*HOW TO COMPLETE THIS TASK*.
Pull every "that" line out of the data below.
Top of EXERCISE INPUT
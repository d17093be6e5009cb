-- ===== src/Asl/Head.antt =====
-- `headBlocked`, and `insertBlocked` without a free descriptor.
use pandos.Prelude.{
  ◌≡◌, refl, ◌≢◌, true, List, [], ◌==◌, Bool-cases, inl, inr, ==_iff, mem_snoc, ne_of_mem,
}
use pandos.Types.{Ptr, null}
use pandos.Run.{ok}
use pandos.Pcb.{Store}
use pandos.Pcb.Access.{ne_test, ne_of_test}
use pandos.Pcb.Ring.{IsProcQ, none_queued, ring}
use pandos.Pcb.Dequeue.{head_or_null, head_proc_q-head}
use pandos.Asl.{Asl, activate, insert_blocked, head_blocked}
use pandos.Asl.Search.{read_ok, IsActive, lookup, find_semd-lookup}
use pandos.Asl.Activate.{IsAsl}
use pandos.Asl.Waiting.{Waits}

-- Without a descriptor for the semaphore and without a free one `insertBlocked` returns TRUE and
-- changes nothing. The process is not NULL.
pub insert_blocked_full :
    {a : Asl} {ds : List Ptr} (s p : Ptr)
    → IsAsl a ds []
    → lookup a.s_sem_add s ds ≡ null
    → p ≢ null
    → insert_blocked s p a ≡ ok true a
unfolding insert_blocked activate
insert_blocked_full s p v miss np = rw (ne_test np, find_semd-lookup s v.active, miss, v.free)

pub IsProcQ-null : {h : Store} {t : Ptr} {xs : List Ptr} → IsProcQ h t xs → t ≡ null → xs ≡ []
IsProcQ-null none_queued e = refl
IsProcQ-null {xs} (ring {t} ys l d nn c) e = absurd (ne_of_mem xs (rw l (mem_snoc ys t)) nn e)

-- `headBlocked` returns the first process that waits for the semaphore, NULL if there is none, and
-- changes nothing.
pub head_blocked-head :
    {a : Asl} {ds xs : List Ptr} (s : Ptr)
    → IsActive a ds
    → Waits a ds s xs
    → head_blocked s a ≡ ok (head_or_null xs) a
unfolding head_blocked
head_blocked-head {a} {ds} {xs} s v w = elim (Bool-cases (lookup a.s_sem_add s ds == null)) [
  | inl e ↦ let none : xs ≡ [] = IsProcQ-null w (rw e) in rw (find_semd-lookup s v, e, none)
  | inr e ↦
      let q = rw e at w in
      rw (find_semd-lookup s v, e, read_ok (ne_of_test e))
        (elim (Bool-cases (a.s_proc_q (lookup a.s_sem_add s ds) == null)) [
          | inl z ↦ let none : xs ≡ [] = IsProcQ-null q ((==_iff _ _).0 z) in rw (z, none)
          | inr z ↦ rw (z, head_proc_q-head q)
        ])
]
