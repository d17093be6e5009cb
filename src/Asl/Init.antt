-- ===== src/Asl/Init.antt =====
-- `initASL`.
use pandos.Prelude.{
  ℕ, zero, suc, ◌+◌, ◌<◌, ◌≤◌, ◌≡◌, refl, ap, ◌∙◌, ◌≢◌, [], ◌∷◌, arith, ◌==◌, Bool-cases, ◌⊎◌, inl,
  inr, ==_iff, ◌∈◌, ◌∉◌, ne_of_mem,
}
use pandos.Types.{Ptr, null}
use pandos.Run.{Returns, returns, Returns-bind, Returns-mono}
use pandos.Pcb.{upd}
use pandos.Pcb.Access.{ne_test, upd_self, upd-ne}
use pandos.Pcb.Pool.{FreeChain, IsTable, slots, Distinct-slots, slots-FreeChain}
use pandos.Asl.{Asl, max_semd, max_int, init_loop, init_asl}
use pandos.Asl.Search.{at_ok}
use pandos.Asl.Activate.{IsAsl}

-- The addresses of the slots of `semdTable`: real, and all different.
pub record IsSemdTable (table : ℕ → Ptr) : Type 0 where
  pub real : (i : ℕ) → i < max_semd + 2 → table i ≢ null
  pub apart : (i j : ℕ) → i < max_semd + 2 → j < max_semd + 2 → table i ≡ table j → i ≡ j

-- The slots from 1 on, which start free.
abbrev pub free_slot : (ℕ → Ptr) → ℕ → Ptr
free_slot table i = table (i + 1)

module _ (table : ℕ → Ptr) (is : IsSemdTable table) where
  free_slot-IsTable : IsTable (free_slot table)
  free_slot-IsTable = record {
    real = λ i lt. is.real (i + 1) (omega arith);
    apart = λ i j li lj e. omega (arith, is.apart (i + 1) (j + 1) (omega arith) (omega arith) e);
  }

  slot_ne : (i j : ℕ) → i < max_semd + 2 → j < max_semd + 2 → i ≢ j → table i ≢ table j
  slot_ne i j li lj n e = n (is.apart i j li lj e)

  record Linked (n i : ℕ) (a g : Asl) : Type 0 where
    linked : (j : ℕ) → i ≤ j → j < i + n → g.s_next (table j) ≡ table (j + 1)
    outside :
        (j : ℕ) → j < max_semd + 2 → (j < i) ⊎ (i + n ≤ j) → g.s_next (table j) ≡ a.s_next (table j)
    rest : g ≡ record a { s_next = g.s_next }

  init_loop-Linked :
      (n i : ℕ) (a : Asl)
      → i + n < max_semd + 2
      → Returns (λ _ g. Linked n i a g) (init_loop table n i a)
  unfolding init_loop
  init_loop-Linked zero i a le =
      returns
        (record { linked = λ j x y. absurd (omega arith); outside = λ j x y. refl; rest = refl })
  init_loop-Linked (suc n) i a le = rw (at_ok (is.real i (omega arith))) (
      Returns-mono (init_loop-Linked n (i + 1) _ (omega arith)) λ _ g l. record {
        linked = λ j x y. elim (Bool-cases (j == i)) [
          | inl e ↦
              let e' = (==_iff j i).0 e in
              rw e' (l.outside i (omega arith) (inl (omega arith)) ∙ upd_self _ _ _)
          | inr ne ↦ l.linked j (ground arith) (omega arith)
        ];
        outside = λ j x y.
            l.outside j x (elim y [ inl b ↦ inl (omega arith) | inr b ↦ inr (omega arith) ])
            ∙ upd-ne a.s_next (table (i + 1)) (
                slot_ne j i x (omega arith) (elim y [ inl b ↦ omega arith | inr b ↦ omega arith ]));
        rest = l.rest;
      })

  not-mem-free_slots :
      (n i j : ℕ)
      → i + n ≤ max_semd
      → (j ≡ 0) ⊎ (j ≡ max_semd + 1)
      → table j ∉ slots (free_slot table) n i
  not-mem-free_slots zero i j le end = refl
  not-mem-free_slots (suc n) i j le end =
      let ne : table j ≢ table (i + 1) =
        slot_ne j (i + 1) (elim end [ inl e ↦ omega arith | inr e ↦ omega arith ]) (omega arith)
          (elim end [ inl e ↦ omega arith | inr e ↦ omega arith ]) in
      rw (ne_test ne) (not-mem-free_slots n (i + 1) j (omega arith) end)

  apart_ends :
      (b : Ptr) → b ∈ slots (free_slot table) max_semd 0 → b ∉ (table 0 ∷ table (max_semd + 1) ∷ [])
  apart_ends b i =
      let first : b ≢ table 0 =
        ne_of_mem (slots (free_slot table) max_semd 0) i
          (not-mem-free_slots max_semd 0 0 (omega arith) (inl refl)) in
      let last : b ≢ table 21 =
        ne_of_mem (slots (free_slot table) max_semd 0) i
          (not-mem-free_slots max_semd 0 21 (omega arith) (inr refl)) in
      rw (ne_test first, ne_test last)

  -- The state before the loop.
  abbrev ends : Asl → Asl
  ends a = record a {
    semd_h = table 0;
    s_sem_add = upd (upd a.s_sem_add (table 0) 0) (table 21) max_int;
    s_next = upd (upd a.s_next (table 0) (table 21)) (table 21) null;
    semd_free_h = table 1;
  }

  module _ (a g : Asl) (l : Linked 19 1 (ends a) g) where
    abbrev closed : Ptr → Ptr
    closed = upd g.s_next (table 20) null

    closed_head : closed (table 0) ≡ table 21
    closed_head =
        upd-ne g.s_next null (slot_ne 0 20 (omega arith) (omega arith) (omega arith))
        ∙ l.outside 0 (omega arith) (inl (omega arith))
        ∙ upd-ne (upd a.s_next (table 0) (table 21)) null
            (slot_ne 0 21 (omega arith) (omega arith) (omega arith))
        ∙ upd_self a.s_next (table 0) (table 21)

    closed_tail : closed (table 21) ≡ null
    closed_tail =
        upd-ne g.s_next null (slot_ne 21 20 (omega arith) (omega arith) (omega arith))
        ∙ l.outside 21 (omega arith) (inr (omega arith))
        ∙ upd_self (upd a.s_next (table 0) (table 21)) (table 21) null

    closed_free : FreeChain closed (table 1) (slots (free_slot table) max_semd 0)
    closed_free =
        slots-FreeChain (free_slot table) free_slot-IsTable closed 19 0 (omega arith)
          (λ j x y.
            upd-ne g.s_next null (slot_ne (j + 1) 20 (omega arith) (omega arith) (omega arith))
            ∙ l.linked (j + 1) (omega arith) (omega arith))
          (upd_self g.s_next (table 20) null)

    closed-IsAsl :
        IsAsl (record g { s_next = closed }) (table 21 ∷ []) (slots (free_slot table) max_semd 0)
    closed-IsAsl =
        let head : g.semd_h ≡ table 0 = ap (λ (x : Asl). x.semd_h) l.rest in
        let free : g.semd_free_h ≡ table 1 = ap (λ (x : Asl). x.semd_free_h) l.rest in
        let keys : g.s_sem_add (table 21) ≡ max_int =
          ap (λ (x : Asl). x.s_sem_add (table 21)) l.rest
          ∙ upd_self (upd a.s_sem_add (table 0) 0) (table 21) max_int in
        record {
          active = record {
            head = rw head (is.real 0 (omega arith));
            chain = (ap closed head ∙ closed_head, is.real 21 (omega arith), closed_tail);
            sorted = (rw keys (omega arith), tt);
            short = omega arith;
          };
          distinct = (
            rw (head, ne_test (slot_ne 0 21 (omega arith) (omega arith) (omega arith))),
            (refl, tt),
          );
          free = rw free closed_free;
          distinct_free = Distinct-slots (free_slot table) free_slot-IsTable 20 0 (omega arith);
          apart = λ b i. rw head (apart_ends b i);
          total = omega arith;
        }

  -- `initASL` makes a well-formed ASL with the dummy tail alone in it and the descriptors from 1 to
  -- `max_semd` free, provided that the addresses of the slots of `semdTable` differ from each other
  -- and from NULL.
  pub init_asl-IsAsl :
      (a : Asl)
      → Returns
          (λ _ g. IsAsl g (table (max_semd + 1) ∷ []) (slots (free_slot table) max_semd 0))
          (init_asl table a)
  unfolding init_asl
  init_asl-IsAsl a =
      rw
        (
          at_ok (is.real 0 (omega arith)),
          at_ok (is.real 21 (omega arith)),
          at_ok (is.real 0 (omega arith)),
          at_ok (is.real 21 (omega arith)),
        )
        (Returns-bind (init_loop-Linked 19 1 (ends a) (omega arith))
          λ _ g l. rw (at_ok (is.real 20 (omega arith))) (returns (closed-IsAsl a g l)))
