-- ===== src/Asl/Release.antt =====
-- A descriptor that leaves the active semaphore list.
use pandos.Prelude.{
  ℕ, zero, suc, ◌<◌, ◌≤◌, ◌≡◌, refl, sym, ap, ◌∙◌, ◌≢◌, true, false, List, [], ◌∷◌, arith, ◌==◌,
  if◌then◌else◌, length, Bool-cases, inl, inr, ◌∈◌, ◌∉◌, has, Distinct, ==_refl, ==_iff, ne_of_mem,
  mem_cons, erase, not-mem-erase, Distinct-erase, length-erase, not-mem-erase_self,
}
use pandos.Types.{Ptr, null}
use pandos.Run.{ok}
use pandos.Pcb.{upd}
use pandos.Pcb.Access.{ne_test}
use pandos.Pcb.Pool.{FreeChain, FreeChain-frame}
use pandos.Asl.{Asl, asl_fuel, before_loop, release_if_empty}
use pandos.Asl.Search.{read_ok, at_ok, Ascends, lookup, lookup-above}
use pandos.Asl.Activate.{IsAsl, null-not-mem-FreeChain}

-- The descriptor before `d`.
abbrev pub pred : Ptr → Ptr → List Ptr → Ptr
pred d prev [] = prev
pred d prev (x ∷ xs) = if x == d then prev else pred d x xs

before_loop-pred :
    (k : ℕ) (a : Asl) (prev d : Ptr) (xs : List Ptr)
    → prev ≢ null
    → FreeChain a.s_next (a.s_next prev) xs
    → length xs < k
    → before_loop k prev d a ≡ ok (pred d prev xs) a
unfolding before_loop
before_loop-pred zero a prev d xs n c lt = absurd (omega arith)
before_loop-pred (suc k) a prev d [] n c lt = rw (read_ok n, c)
before_loop-pred (suc k) a prev d (x ∷ xs) n (e, nx, c) lt =
    rw (read_ok n, e, ne_test nx)
      (elim (Bool-cases (x == d)) [
        | inl b ↦ rw b
        | inr b ↦ rw b (before_loop-pred k a x d xs nx c (omega arith))
      ])

mem_later : (a b c : Ptr) (xs : List Ptr) → c ∈ (b ∷ xs) → c ∈ (a ∷ b ∷ xs)
mem_later a b c xs i = ground arith

pred-mem : (d prev : Ptr) (xs : List Ptr) → pred d prev xs ∈ (prev ∷ xs)
pred-mem d prev [] = ground arith
pred-mem d prev (x ∷ xs) = elim (Bool-cases (x == d)) [
  | inl b ↦
      let e : pred d prev (x ∷ xs) ≡ prev = rw b in ap (λ c. has c (prev ∷ x ∷ xs)) e ∙ rw ==_refl
  | inr b ↦
      let e : pred d prev (x ∷ xs) ≡ pred d x xs = rw b in
      ap (λ c. has c (prev ∷ x ∷ xs)) e ∙ mem_later prev x (pred d x xs) xs (pred-mem d x xs)
]

next-pred :
    (n : Ptr → Ptr) (d prev : Ptr) (xs : List Ptr)
    → FreeChain n (n prev) xs
    → d ∈ xs
    → n (pred d prev xs) ≡ d
next-pred n d prev [] c i = cc
next-pred n d prev (x ∷ xs) (e, nx, c) i = elim (Bool-cases (x == d)) [
  | inl b ↦ rw b (e ∙ (==_iff x d).0 b)
  | inr b ↦ rw b (next-pred n d x xs c (ground arith))
]

-- `d` unlinked from behind `q`, and put before `z`.
abbrev pub unlinked : (Ptr → Ptr) → (d q z : Ptr) → Ptr → Ptr
unlinked n d q z = upd (upd n q (n d)) d z

erase-FreeChain :
    (n : Ptr → Ptr) (d z prev : Ptr) (xs : List Ptr)
    → Distinct (prev ∷ xs)
    → d ∈ xs
    → FreeChain n (n prev) xs
    → FreeChain
        (unlinked n d (pred d prev xs) z)
        (unlinked n d (pred d prev xs) z prev)
        (erase d xs)
unfolding upd
erase-FreeChain n d z prev [] u i c = cc
erase-FreeChain n d z prev (x ∷ xs) u i (e, nx, c) = elim (Bool-cases (x == d)) [
  | inl b ↦
      let b' : (d == x) ≡ true = ground arith in
      let start : unlinked n d prev z prev ≡ n x = ground arith in
      rw (b, b', start) (FreeChain-frame n (unlinked n d prev z) (n x) xs (λ y j. ground arith) c)
  | inr b ↦
      let b' : (d == x) ≡ false = ground arith in
      let later : d ∈ xs = ground arith in
      let m = pred-mem d x xs in
      let apart : prev ≢ pred d x xs = λ f. ne_of_mem (x ∷ xs) m u.0 (sym f) in
      let start : unlinked n d (pred d x xs) z prev ≡ x = ground arith in
      rw (b, b') (start, nx, erase-FreeChain n d z x xs u.1 later c)
]

Ascends-weaken :
    (key : Ptr → Ptr) (low low' : Ptr) (xs : List Ptr)
    → low' ≤ low
    → Ascends key low xs
    → Ascends key low' xs
Ascends-weaken key low low' [] le u = tt
Ascends-weaken key low low' (x ∷ xs) le u = (omega (arith, u.0), u.1)

erase-Ascends :
    (key : Ptr → Ptr) (d low : Ptr) (xs : List Ptr)
    → Ascends key low xs
    → Ascends key low (erase d xs)
erase-Ascends key d low [] u = tt
erase-Ascends key d low (x ∷ xs) u = elim (Bool-cases (d == x)) [
  | inl b ↦ rw b (Ascends-weaken key (key x) low xs (omega (arith, u.0)) u.1)
  | inr b ↦ rw b (u.0, erase-Ascends key d (key x) xs u.1)
]

above-mem :
    (key : Ptr → Ptr) (d low : Ptr) (xs : List Ptr) → Ascends key low xs → d ∈ xs → low < key d
above-mem key d low [] u i = cc
above-mem key d low (x ∷ xs) u i = elim (Bool-cases (d == x)) [
  | inl b ↦ rw ((==_iff d x).0 b) u.0
  | inr b ↦ omega (arith, above-mem key d (key x) xs u.1 (rw b at i), u.0)
]

-- Without the descriptor of `s` the other semaphores are found as before, and `s` is not.
pub lookup-erase :
    (key : Ptr → Ptr) (d t low : Ptr) (xs : List Ptr)
    → Ascends key low xs
    → d ∈ xs
    → lookup key t (erase d xs) ≡ (if key d == t then null else lookup key t xs)
lookup-erase key d t low [] u i = cc
lookup-erase key d t low (x ∷ xs) u i = elim (Bool-cases (d == x)) [
  | inl b ↦
      let e = (==_iff d x).0 b in
      rw (b, e)
        (elim (Bool-cases (key x == t)) [
          | inl f ↦ rw f (lookup-above key t (key x) xs u.1 (ground arith))
          | inr f ↦ rw f
        ])
  | inr b ↦
      let later : d ∈ xs = rw b at i in
      let above = above-mem key d (key x) xs u.1 later in
      rw (b, lookup-erase key d t (key x) xs u.1 later) (ground arith)
]

-- The ASL without the descriptor `d`, which stood behind `q`.
abbrev pub released : Asl → (d q : Ptr) → Asl
released a d q = record a { s_next = unlinked a.s_next d q a.semd_free_h; semd_free_h = d }

module _ {a : Asl} {ds fs : List Ptr} (d : Ptr) (v : IsAsl a ds fs) (i : d ∈ ds) where
  abbrev pub before : Ptr
  before = pred d a.semd_h ds

  d_real : d ≢ null
  d_real = ne_of_mem ds i (null-not-mem-FreeChain a.s_next (a.s_next a.semd_h) ds v.active.chain)

  before_real : before ≢ null
  before_real =
      let o : null ∉ (a.semd_h ∷ ds) = ground (
        arith,
        v.active.head,
        null-not-mem-FreeChain a.s_next (a.s_next a.semd_h) ds v.active.chain,
      ) in
      ne_of_mem (a.semd_h ∷ ds) (pred-mem d a.semd_h ds) o

  before_next : a.s_next before ≡ d
  before_next = next-pred a.s_next d a.semd_h ds v.active.chain i

  pub release_if_empty-ok : a.s_proc_q d ≡ null → release_if_empty d a ≡ ok tt (released a d before)
  unfolding release_if_empty
  release_if_empty-ok e = rw (
    read_ok d_real,
    e,
    before_loop-pred asl_fuel a a.semd_h d ds v.active.head v.active.chain
        (omega (arith, v.active.short)),
    read_ok before_real,
    read_ok d_real,
    before_next,
    ==_refl,
    at_ok before_real,
    at_ok d_real,
  )

  pub release_if_empty-kept : a.s_proc_q d ≢ null → release_if_empty d a ≡ ok tt a
  unfolding release_if_empty
  release_if_empty-kept n = rw (read_ok d_real, ne_test n)

  free_kept : (b : Ptr) → b ∈ fs → unlinked a.s_next d before a.semd_free_h b ≡ a.s_next b
  unfolding upd
  free_kept b j =
      let q = before in
      let o = v.apart b j in
      let nq : b ≢ q = λ e. ne_of_mem (a.semd_h ∷ ds) (pred-mem d a.semd_h ds) o (sym e) in
      let nd : b ≢ d = λ e. ne_of_mem (a.semd_h ∷ ds) (mem_cons a.semd_h d ds i) o (sym e) in
      ground arith

  not_free : d ∉ fs
  not_free = elim (Bool-cases (has d fs)) [
    | inl j ↦ absurd (ne_of_mem (a.semd_h ∷ ds) (mem_cons a.semd_h d ds i) (v.apart d j) refl)
    | inr j ↦ j
  ]

  apart_from : (b : Ptr) → b ∈ (d ∷ fs) → b ∉ (a.semd_h ∷ erase d ds)
  apart_from b j = elim (Bool-cases (b == d)) [
    | inl e ↦
        let gone = not-mem-erase_self d ds v.distinct.1 in
        let nh : d ≢ a.semd_h = ne_of_mem ds i v.distinct.0 in
        ap (λ c. has c (a.semd_h ∷ erase d ds)) ((==_iff b d).0 e) ∙ rw (ne_test nh) gone
    | inr e ↦
        let o = v.apart b (rw e at j) in let k = not-mem-erase b d ds (ground arith) in ground arith
  ]

  pub released-IsAsl : IsAsl (released a d before) (erase d ds) (d ∷ fs)
  unfolding upd
  released-IsAsl =
      let l = length-erase d ds i in
      let q = before in
      record {
        active = record {
          head = v.active.head;
          chain = erase-FreeChain a.s_next d a.semd_free_h a.semd_h ds v.distinct i v.active.chain;
          sorted = erase-Ascends a.s_sem_add d 0 ds v.active.sorted;
          short = omega (arith, v.active.short);
        };
        distinct = (not-mem-erase a.semd_h d ds v.distinct.0, Distinct-erase d ds v.distinct.1);
        free = (
          refl,
          d_real,
          rw ==_refl (
              FreeChain-frame a.s_next (unlinked a.s_next d q a.semd_free_h) a.semd_free_h fs
                (λ b j. free_kept b j) v.free),
        );
        distinct_free = (not_free, v.distinct_free);
        apart = λ b j. apart_from b j;
        total = omega (arith, v.total);
      }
Bottom of EXERCISE INPUT
*EXERCISE OUTPUT*.
-- `headBlocked` returns the first process that waits for the semaphore, NULL if there is none, and
  -- `max_semd` free, provided that the addresses of the slots of `semdTable` differ from each other
-- A descriptor that leaves the active semaphore list.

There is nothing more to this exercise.